SieveNet: A Unified Framework for Robust Image-Based Virtual Try-On (2001.06265v1)

Abstract: Image-based virtual try-on for fashion has gained considerable attention recently. The task requires trying on a clothing item on a target model image. An efficient framework for this is composed of two stages: (1) warping (transforming) the try-on cloth to align with the pose and shape of the target model, and (2) a texture transfer module to seamlessly integrate the warped try-on cloth onto the target model image.
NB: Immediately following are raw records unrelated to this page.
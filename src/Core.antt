-- ===== src/Core.antt =====
-- hft/core: the vocabulary of order entry and of market data.
pub mod DomainConverter
pub mod MarketData
pub mod OrderEntry
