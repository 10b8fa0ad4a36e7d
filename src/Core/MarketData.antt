-- ===== src/Core/MarketData.antt =====
-- hft/core/market_data.h and hft/common/types.h: the market data entry that the book consumes. The
-- ticker and the order id, which the book only passes on, are left out.
use hft.Prelude.Int.{ℤ}
use hft.Common.Types.{Side}

pub data MarketUpdateType : Type 0 where
  invalid_update clear add modify cancel trade_tick book_ticker : MarketUpdateType

pub record MarketData : Type 0 where
  pub update_type : MarketUpdateType
  pub side : Side
  pub price : ℤ
  pub qty : ℤ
Existing methods suffer from artifacts and distortions in their try-on output. In this work, we present SieveNet, a framework for robust image-based virtual try-on. Firstly, we introduce a multi-stage coarse-to-fine warping network to better model fine-grained intricacies (while transforming the try-on cloth) and train it with a novel perceptual geometric matching loss. Next, we introduce a try-on cloth conditioned segmentation mask prior to improve the texture transfer network. Finally, we also introduce a dueling triplet loss strategy for training the texture translation network which further improves the quality of the generated try-on results. We present extensive qualitative and quantitative evaluations of each component of the proposed pipeline and show significant performance improvements against the current state-of-the-art method.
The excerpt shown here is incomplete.